Харальд недоверчиво повёл головой. Отступил на шаг. Он стал белее своей рубахи.
— Не смей меня так позорить, Седой. Ты не посмеешь…
— Отчего же? — горько усмехнулся Арнульф. — Никто не упрекнёт меня, что я допустил несправедливость по отношению к тебе. Никто не скажет, что я был скуп на серебро и еду, что ничему тебя не учил, что скверно о тебе заботился. Ты был мне как родной. Ты заменил мне сына, коего у меня никогда не было. Плохим ли я был тебе отцом, скажи по чести?
— Лучшим! — пылко воскликнул Харальд. — Ты был самым добрым из людей…
— …а ты отплатил презлым за предобрейшее, мой волчонок?
— Прошу, пойми меня, Седой! — суровый муж сорвался на крик, будто горячий юноша. — Ты был славнейшим из морских королей, а я… Я лишь хотел походить на тебя. Во всём. Я мечтал превзойти тебя.
— Ты преуспел бы в этом, — хрипло, по-старчески заклокотал Арнульф, — если бы не стал служить Сигурду ярлу с Талсея! Сколько он обещал за мою седую голову? Сколько ты обещал за предательство Кьятви Мясо? Я приказал вырвать ему язык, чтобы не выслушивать его никчёмных оправданий. И твоих слушать не стану. О, я всё понимаю! Мудрец Сигмунд Фроди всё объяснил бы тем, что сын всегда поднимает восстание против отца, дабы овладеть матерью. Кто твоя мать, Харальд? Золото? Почёт? Слава? Власть? Скажи одно лишь слово…
— Море, — твёрдо сказал Харальд.
— Море… — тихим эхом повторил Арнульф. — Ты читал не те книги, слушал не те голоса. Мудрец Сигмунд Фроди был набитый дурак. Море — всем нам мать. Наша великая мать. Даже я не столь заносчив и безумен, чтобы пытаться овладеть ею!
Помолчал, слушая волны, а затем снял шапку, плащ и сорочку. Перехватил поудобнее атгейр. Синие рисунки на коже ожили, взвилась рунная надпись.
— Хродгар, стань справа, Хаген — слева. Смотрите и не вмешивайтесь. К делу, Харальд!
— К делу, — кивнул Белый Волк, отбросил пряди со лба, отвёл левую руку…
Того, что случилось потом, Хаген даже не заметил. Видел только бросок — Харальд распластался белым пятном, закрылся Хагеном, как живым щитом, обвил его шею свободной рукой, приставил меч к горлу. Хороший, острый меч. А потом вдруг обмяк и упал. В голове у него торчало копьё. Наконечник врезался в висок — до самого глаза.
— Ты… ты знал, что я так сделаю? — прошептал Харальд.
Арнульф не ответил.
В сером небе кричали чайки. Над морем собирались тёмные тучи. Холодало, ветер пронизывал до костей, болели раны — на теле и на душе.

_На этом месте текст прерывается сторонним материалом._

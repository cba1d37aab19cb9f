-- ===== src/Auth/Token.antt =====
-- The gate's own state and the signed session token of src/server/auth.rs. `str::as_bytes` is
-- injective, so the comparison of two texts' bytes is one of the texts.
pub mod RoundTrip
use gps_trips.Prelude.{
  ℕ, ◌+◌, ◌-◌, ◌*◌, ◌/◌, ◌%◌, ◌≡◌, Bool, true, false, List, [], ◌∷◌, ◌++◌, Option, none, some, ltb,
  if◌then◌else◌, codes, text_eq,
}
use gps_trips.Prelude.Int.{ℤ, pos, ◌+ℤ◌, ltb_ℤ}
use gps_trips.Auth.Crates.{AuthCrates, secs}
use gps_trips.Auth.Lockout.{LoginFailures, default_failures}
use gps_trips.Text.{trim, is_empty, split_once}
use gps_trips.Text.Decimal.{i64_to_string, parse_i64}

abbrev pub session_ttl : ℕ
session_ttl = secs (90 * 86400)

abbrev pub session_refresh_after : ℕ
session_refresh_after = secs ((90 * 86400) / 2)

pub record Auth : Type 0 where
  pub key : List ℕ
  pub salt : List ℕ
  pub failures : LoginFailures

pub record Session : Type 0 where
  pub token : List ℕ
  pub expires_at : List ℕ

pub data Principal : Type 0 where
  owner : Principal
  anonymous : Principal
  share : (share_id : ℤ) → Principal

pub record VerifiedSession : Type 0 where
  pub principal : Principal
  pub expires_at : ℤ

abbrev pub token_context : List ℕ
token_context = codes "trip-archive/session-token/v1/owner."

unfoldable pub hex_digit : ℕ → ℕ
hex_digit d = if ltb d 10 then b'0' + d else b'a' + d - 10

-- `format!("{b:02x}")` of each byte
unfoldable pub hex : List ℕ → List ℕ
unfolding hex_digit
hex [] = []
hex (b ∷ bytes) = hex_digit (b / 16) ∷ hex_digit (b % 16) ∷ hex bytes

-- What is signed: the context and the expiry.
abbrev pub message : ℤ → List ℕ
message expires_at_unix = token_context ++ i64_to_string expires_at_unix

unfoldable pub signature_hex : AuthCrates → List ℕ → ℤ → List ℕ
unfolding hex
signature_hex C key expires_at_unix = hex (C.hmac key (message expires_at_unix))

unfoldable pub derive_key : AuthCrates → List ℕ → List ℕ → List ℕ
derive_key C password salt = C.argon2 password salt

-- `none` is `MissingPassword`.
unfoldable pub new : AuthCrates → List ℕ → List ℕ → Option Auth
unfolding derive_key
new C password salt =
    if is_empty (trim password)
    then none
    else some
        (record { key = derive_key C password salt; salt = salt; failures = default_failures })

unfoldable pub sign : AuthCrates → Auth → ℤ → List ℕ
sign C auth expires_at_unix =
    i64_to_string expires_at_unix ++ b'.' ∷ signature_hex C auth.key expires_at_unix

unfoldable pub mint : AuthCrates → Auth → ℤ → Session
unfolding sign
mint C auth now =
    let expires_at = now +ℤ pos session_ttl in
    record { token = sign C auth (C.unix_timestamp expires_at); expires_at = C.rfc3339 expires_at }

-- The end of `verify`: an expiry with the right signature.
abbrev pub unexpired : Option ℤ → ℤ → Option VerifiedSession
unexpired none now = none
unexpired (some expires_at) now =
    if ltb_ℤ now expires_at
    then some (record { principal = owner; expires_at = expires_at })
    else none

abbrev pub check_signature : AuthCrates → Auth → List ℕ → ℤ → Option ℤ → Option VerifiedSession
check_signature C auth signature now none = none
check_signature C auth signature now (some expires_at_unix) =
    if text_eq signature (signature_hex C auth.key expires_at_unix)
    then unexpired (C.from_unix_timestamp expires_at_unix) now
    else none

unfoldable pub verify : AuthCrates → Auth → List ℕ → ℤ → Option VerifiedSession
verify C auth token now = elim (split_once b'.' token) [
  | none ↦ none
  | some (expiry, signature) ↦ check_signature C auth signature now (parse_i64 expiry)
]

unfoldable pub password_matches : AuthCrates → Auth → List ℕ → Bool
password_matches C auth attempt = text_eq (derive_key C attempt auth.salt) auth.key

— Идите отсюда, — глухо, будто из-под земли, сказал Седой, — я приду позже.
— Вот уж хрен, — неколебимо возразил Хродгар.
— Мы не бросим тебя, вождь, — уверил Хаген.
— Мои мальчики… — прошептал Арнульф.
А потом обернулся к морю — и завыл. Дико, люто, по-волчьи. Терзал седые космы. Царапал лицо, словно хотел содрать морщинистую кожу. Рухнул на колени, спрятал лицо в ладонях. И долго так сидел, раскачиваясь из стороны в сторону да тихонько подвывая. Волны омывали ему ноги, шептали, утешали старика, как не могли утешить волчата. Парни стояли рядом, склонив головы. Они не оплакивали Харальда — лишь своего вождя.
Внезапно Арнульф выпрямился, отряхнулся, выхватил нож и пошёл снимать шкуру с поверженного Белого Волка. Твёрдым и уверенным шагом. Руки его не дрожали, на лице не блестело ни слезинки. Глаза почернели, словно кипящая штормовая пучина.